Work to complete: Please repeat the lines below exactly. Begin with the line containing "none >>= f = none" and go on through the line containing "step_run_row step_run_faults sr".

BEGIN Material provided

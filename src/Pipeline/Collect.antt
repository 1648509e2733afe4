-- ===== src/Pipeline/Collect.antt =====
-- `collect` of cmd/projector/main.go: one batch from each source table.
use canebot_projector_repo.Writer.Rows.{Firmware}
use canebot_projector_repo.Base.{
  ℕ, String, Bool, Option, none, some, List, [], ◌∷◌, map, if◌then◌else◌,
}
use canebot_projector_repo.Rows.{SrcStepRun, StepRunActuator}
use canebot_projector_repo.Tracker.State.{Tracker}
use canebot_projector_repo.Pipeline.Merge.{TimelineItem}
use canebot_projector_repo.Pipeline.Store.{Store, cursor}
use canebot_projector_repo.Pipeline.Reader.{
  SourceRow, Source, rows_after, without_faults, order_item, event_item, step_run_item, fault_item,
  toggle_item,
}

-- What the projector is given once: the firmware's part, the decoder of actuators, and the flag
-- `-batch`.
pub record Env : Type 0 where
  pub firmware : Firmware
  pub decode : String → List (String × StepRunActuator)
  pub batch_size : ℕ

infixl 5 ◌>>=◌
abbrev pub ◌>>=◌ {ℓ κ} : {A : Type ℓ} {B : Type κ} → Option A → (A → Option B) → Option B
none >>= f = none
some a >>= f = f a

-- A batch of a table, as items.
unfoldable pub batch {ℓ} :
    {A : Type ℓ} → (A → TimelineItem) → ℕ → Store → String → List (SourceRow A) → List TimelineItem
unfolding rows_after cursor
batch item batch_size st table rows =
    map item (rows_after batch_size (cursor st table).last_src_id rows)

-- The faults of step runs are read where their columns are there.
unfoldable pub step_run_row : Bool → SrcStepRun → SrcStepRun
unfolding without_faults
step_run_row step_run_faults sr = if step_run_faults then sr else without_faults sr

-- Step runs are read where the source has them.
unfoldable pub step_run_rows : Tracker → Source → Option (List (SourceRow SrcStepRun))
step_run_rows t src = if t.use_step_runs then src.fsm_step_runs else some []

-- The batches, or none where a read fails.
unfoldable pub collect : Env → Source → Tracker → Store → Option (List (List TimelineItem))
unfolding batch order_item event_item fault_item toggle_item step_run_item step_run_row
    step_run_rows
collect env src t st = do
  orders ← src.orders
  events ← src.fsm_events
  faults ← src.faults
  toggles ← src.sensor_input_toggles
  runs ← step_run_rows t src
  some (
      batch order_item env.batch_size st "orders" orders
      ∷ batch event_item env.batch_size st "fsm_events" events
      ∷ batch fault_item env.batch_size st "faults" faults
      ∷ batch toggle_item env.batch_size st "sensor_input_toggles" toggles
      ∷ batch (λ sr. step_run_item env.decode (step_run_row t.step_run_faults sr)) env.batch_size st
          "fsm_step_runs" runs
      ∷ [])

END Material provided
BEGIN Material provided

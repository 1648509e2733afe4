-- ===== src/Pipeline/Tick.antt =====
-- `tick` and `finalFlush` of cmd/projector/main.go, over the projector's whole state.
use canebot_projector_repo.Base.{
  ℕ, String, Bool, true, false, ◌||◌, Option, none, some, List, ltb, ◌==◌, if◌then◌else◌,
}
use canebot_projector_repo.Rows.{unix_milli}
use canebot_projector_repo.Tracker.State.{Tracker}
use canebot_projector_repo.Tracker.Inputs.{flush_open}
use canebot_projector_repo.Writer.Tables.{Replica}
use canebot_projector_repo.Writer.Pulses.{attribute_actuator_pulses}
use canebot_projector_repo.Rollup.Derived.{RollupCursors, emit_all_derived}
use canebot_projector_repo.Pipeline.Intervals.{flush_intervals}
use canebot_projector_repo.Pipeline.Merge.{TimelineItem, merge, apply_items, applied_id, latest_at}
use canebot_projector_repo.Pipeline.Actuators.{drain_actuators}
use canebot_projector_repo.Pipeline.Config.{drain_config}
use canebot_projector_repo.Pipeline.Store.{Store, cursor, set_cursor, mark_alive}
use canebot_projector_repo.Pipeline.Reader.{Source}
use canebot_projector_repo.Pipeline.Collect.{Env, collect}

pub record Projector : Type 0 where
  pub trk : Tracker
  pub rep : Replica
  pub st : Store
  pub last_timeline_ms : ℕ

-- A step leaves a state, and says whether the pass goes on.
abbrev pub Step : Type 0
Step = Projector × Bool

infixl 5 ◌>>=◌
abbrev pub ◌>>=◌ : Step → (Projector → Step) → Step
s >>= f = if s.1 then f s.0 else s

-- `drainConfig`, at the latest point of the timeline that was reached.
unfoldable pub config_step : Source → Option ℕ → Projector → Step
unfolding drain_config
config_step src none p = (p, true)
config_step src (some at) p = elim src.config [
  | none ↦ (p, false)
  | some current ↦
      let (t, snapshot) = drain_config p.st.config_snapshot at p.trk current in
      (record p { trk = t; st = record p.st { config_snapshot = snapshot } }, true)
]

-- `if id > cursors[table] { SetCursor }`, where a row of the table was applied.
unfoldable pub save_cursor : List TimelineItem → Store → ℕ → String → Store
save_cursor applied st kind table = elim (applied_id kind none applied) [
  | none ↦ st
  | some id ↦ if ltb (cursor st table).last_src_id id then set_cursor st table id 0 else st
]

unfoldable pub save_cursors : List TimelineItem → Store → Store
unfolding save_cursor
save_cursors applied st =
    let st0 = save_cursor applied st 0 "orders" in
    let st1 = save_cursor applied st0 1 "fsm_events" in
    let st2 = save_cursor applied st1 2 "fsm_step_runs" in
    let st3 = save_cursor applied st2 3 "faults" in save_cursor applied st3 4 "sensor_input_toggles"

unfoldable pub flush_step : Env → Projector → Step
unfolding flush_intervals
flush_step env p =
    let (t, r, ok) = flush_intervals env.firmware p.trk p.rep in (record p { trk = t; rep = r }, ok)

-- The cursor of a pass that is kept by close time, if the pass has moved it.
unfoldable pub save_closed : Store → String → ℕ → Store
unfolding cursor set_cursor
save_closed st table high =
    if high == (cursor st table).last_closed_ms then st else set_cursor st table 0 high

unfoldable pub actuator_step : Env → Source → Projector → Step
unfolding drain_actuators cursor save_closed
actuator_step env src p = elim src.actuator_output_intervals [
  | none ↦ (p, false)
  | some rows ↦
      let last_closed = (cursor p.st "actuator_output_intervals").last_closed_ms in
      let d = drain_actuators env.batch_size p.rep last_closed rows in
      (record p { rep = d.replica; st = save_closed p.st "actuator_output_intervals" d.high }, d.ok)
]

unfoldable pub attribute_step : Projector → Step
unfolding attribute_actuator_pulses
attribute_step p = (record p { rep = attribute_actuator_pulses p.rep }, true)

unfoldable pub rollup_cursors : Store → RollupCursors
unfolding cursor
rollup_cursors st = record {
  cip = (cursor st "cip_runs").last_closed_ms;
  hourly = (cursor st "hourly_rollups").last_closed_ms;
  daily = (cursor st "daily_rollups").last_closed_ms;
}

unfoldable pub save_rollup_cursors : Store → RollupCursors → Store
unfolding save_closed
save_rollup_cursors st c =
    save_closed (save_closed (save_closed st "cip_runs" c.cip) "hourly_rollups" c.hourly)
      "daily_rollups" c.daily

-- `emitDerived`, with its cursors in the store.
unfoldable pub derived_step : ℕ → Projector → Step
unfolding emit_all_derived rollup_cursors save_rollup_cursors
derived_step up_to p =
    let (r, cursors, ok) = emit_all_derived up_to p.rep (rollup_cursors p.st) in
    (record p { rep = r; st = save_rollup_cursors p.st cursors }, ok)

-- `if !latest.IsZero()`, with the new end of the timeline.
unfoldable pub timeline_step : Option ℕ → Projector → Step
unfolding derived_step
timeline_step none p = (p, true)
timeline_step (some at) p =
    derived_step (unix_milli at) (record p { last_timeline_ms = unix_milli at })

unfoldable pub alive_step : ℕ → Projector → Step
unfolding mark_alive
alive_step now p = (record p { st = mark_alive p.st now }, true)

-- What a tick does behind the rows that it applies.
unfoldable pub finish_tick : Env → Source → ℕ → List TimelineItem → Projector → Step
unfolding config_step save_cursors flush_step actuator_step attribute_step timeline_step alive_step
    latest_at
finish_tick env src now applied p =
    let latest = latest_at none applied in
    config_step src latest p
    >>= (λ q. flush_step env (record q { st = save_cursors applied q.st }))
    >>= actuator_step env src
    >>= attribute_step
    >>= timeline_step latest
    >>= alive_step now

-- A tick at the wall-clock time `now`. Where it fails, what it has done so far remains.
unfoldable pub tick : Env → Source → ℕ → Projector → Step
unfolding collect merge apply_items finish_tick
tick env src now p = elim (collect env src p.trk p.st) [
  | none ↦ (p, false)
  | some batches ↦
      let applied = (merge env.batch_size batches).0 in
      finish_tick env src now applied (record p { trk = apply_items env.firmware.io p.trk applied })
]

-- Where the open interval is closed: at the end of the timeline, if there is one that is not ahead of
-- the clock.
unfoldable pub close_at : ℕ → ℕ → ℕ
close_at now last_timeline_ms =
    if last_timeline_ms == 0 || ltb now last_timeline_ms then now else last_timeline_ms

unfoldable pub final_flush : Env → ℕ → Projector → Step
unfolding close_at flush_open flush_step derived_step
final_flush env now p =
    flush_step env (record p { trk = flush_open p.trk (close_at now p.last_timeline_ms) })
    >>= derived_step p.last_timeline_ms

END Material provided

Answer box:
none >>= f = none
some a >>= f = f a

-- A batch of a table, as items.
unfoldable pub batch {ℓ} :
    {A : Type ℓ} → (A → TimelineItem) → ℕ → Store → String → List (SourceRow A) → List TimelineItem
unfolding rows_after cursor
batch item batch_size st table rows =
    map item (rows_after batch_size (cursor st table).last_src_id rows)

-- The faults of step runs are read where their columns are there.
unfoldable pub step_run_row : Bool → SrcStepRun → SrcStepRun
unfolding without_faults
step_run_row step_run_faults sr = if step_run_faults then sr else without_faults sr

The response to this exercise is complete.